The scientists used an effect of Albert Einstein's theory of General Relativity to measure the mass of the neutron star and its orbiting companion, a white dwarf star.

The newly discovered star is also a pulsar, emitting tightly focused beams of radio waves that sweep through space as it rotates. This pulsar, called PSR J1614-2230, spins 317 times per second, and the companion completes an orbit in just less than nine days. The pair, some 3,000 light-years distant, are in an orbit seen almost exactly edge-on from Earth. That orientation was the key to making the mass measurement.

As the orbit carries the white dwarf directly in front of the pulsar, the radio waves from the pulsar that reach Earth must travel very close to the white dwarf. This close passage causes them to be delayed in their arrival by the distortion of space-time produced by the white dwarf's gravitation. This effect, called the Shapiro Delay, allowed the scientists to precisely measure the masses of both stars.

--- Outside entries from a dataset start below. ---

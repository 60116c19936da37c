-- ===== src/Leveldb/Composite/Scans.antt =====
-- What the scans of the format `row` of leveldb/leveldb_db.cc make of the entries of records.
use my_ycsb_cpp.Prelude.{
  ℕ, zero, suc, ◌≡◌, refl, ap, subst, ◌∙◌, false, List, [], ◌∷◌, ◌++◌, none, some, All, take,
  length, arith,
}
use my_ycsb_cpp.Prelude.Int.{pos}
use my_ycsb_cpp.Prelude.Bytes.{Bytes, bytes_eq, bytes_eq_refl}
use my_ycsb_cpp.Db.{Field}
use my_ycsb_cpp.Leveldb.Composite.{all_loop, some_loop, read_record, scan_records}
use my_ycsb_cpp.Leveldb.Composite.Keys.{NoColon, comp_key}
use my_ycsb_cpp.Leveldb.Composite.Reads.{
  entries_of, entry_field-of, all_loop-entries, some_loop_step,
}

-- Records with their keys, and their entries in a row.
abbrev pub entries_of_all : List (Bytes × List Field) → List (Bytes × Bytes)
entries_of_all [] = []
entries_of_all ((key, values) ∷ records) = entries_of key values ++ entries_of_all records

abbrev pub rows : List (Bytes × List Field) → List (List Field)
rows [] = []
rows ((key, values) ∷ records) = values ∷ rows records

-- A scan of all fields returns the records from the place that Seek finds on, one row each, up to
-- the length asked for, if all have as many fields as configured and no key has a colon.
pub scan_records_lem :
    (fieldcount len : ℕ) (records : List (Bytes × List Field))
    → All (λ (r : Bytes × List Field). NoColon r.0 × (length r.1 ≡ suc fieldcount)) records
    → scan_records len (pos (suc fieldcount)) none (entries_of_all records)
      ≡ take len (rows records)
unfolding scan_records
scan_records_lem fieldcount zero records h = refl
scan_records_lem fieldcount (suc len) [] h = refl
scan_records_lem fieldcount (suc len) ((key, []) ∷ records) h = absurd (omega (arith, h.0.1))
scan_records_lem fieldcount (suc len) ((key, field ∷ values) ∷ records) h =
    let e : read_record (pos (suc fieldcount)) none
          (entries_of key (field ∷ values) ++ entries_of_all records)
        ≡ (field ∷ values, entries_of_all records) =
      unfold read_record in
      subst
        (λ n.
          all_loop n (entries_of key (field ∷ values) ++ entries_of_all records)
          ≡ (field ∷ values, entries_of_all records))
        h.0.1 (all_loop-entries key (field ∷ values) (entries_of_all records) h.0.0) in
    ap
      (λ (r : List Field × List (Bytes × Bytes)).
        r.0 ∷ scan_records len (pos (suc fieldcount)) none r.1)
      e
    ∙ ap (◌∷◌ (field ∷ values)) (scan_records_lem fieldcount len records h.1)

unnamed :
    (key name : Bytes) (rounds : ℕ) (values : List Field)
    → NoColon key
    → All (λ (f : Field). bytes_eq f.name name ≡ false) values
    → (some_loop rounds (name ∷ []) (entries_of key values)).0 ≡ []
unnamed key name zero values h others = unfold some_loop in refl
unnamed key name (suc rounds) [] h others = unfold some_loop in refl
unnamed key name (suc rounds) (field ∷ values) h others =
    rw
      (
        some_loop_step rounds name [] (comp_key key field.name, field.value) (entries_of key values)
            field (entry_field-of key field h),
        others.0,
      )
      (unnamed key name rounds values h others.1)

-- A scan through a filter leaves the iterator inside a record once the filter is used up: at the
-- last record, a scan for the first field alone returns its row and then an empty row that stands
-- for no record.
pub scan_records_past_end :
    (key : Bytes) (field next_field : Field) (values : List Field)
    → NoColon key
    → All (λ (f : Field). bytes_eq f.name field.name ≡ false) (next_field ∷ values)
    → scan_records 2
        (pos (length (field ∷ next_field ∷ values)))
        (some (field.name ∷ []))
        (entries_of key (field ∷ next_field ∷ values))
      ≡ (field ∷ []) ∷ [] ∷ []
scan_records_past_end key field next_field values h others =
    let left = entries_of key (next_field ∷ values) in
    let rounds = length (next_field ∷ values) in
    let first : read_record (pos (suc rounds)) (some (field.name ∷ []))
          ((comp_key key field.name, field.value) ∷ left)
        ≡ (field ∷ [], left) =
      unfold read_record in
      some_loop_step rounds field.name [] _ left field (entry_field-of key field h)
      ∙ rw (bytes_eq_refl field.name) (unfold some_loop in refl) in
    unfold scan_records in
    ap
      (λ (r : List Field × List (Bytes × Bytes)).
        r.0 ∷ scan_records 1 (pos (suc rounds)) (some (field.name ∷ [])) r.1)
      first
    ∙ ap (λ (r : List Field). (field ∷ []) ∷ r ∷ [])
        (unfold read_record in unnamed key field.name (suc rounds) (next_field ∷ values) h others)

"We got very lucky with this system. The rapidly-rotating pulsar gives us a signal to follow throughout the orbit, and the orbit is almost perfectly edge-on. In addition, the white dwarf is particularly massive for a star of that type. This unique combination made the Shapiro Delay much stronger and thus easier to measure," said Scott Ransom, also of NRAO.

The researchers expected the neutron star to have about one and a half times the mass of our sun, but their calculations of its mass were a revelation.

"It is amazing to me that one simple number - the mass of this neutron star - can tell us so much about so many different aspects of physics and astronomy," added Ransom.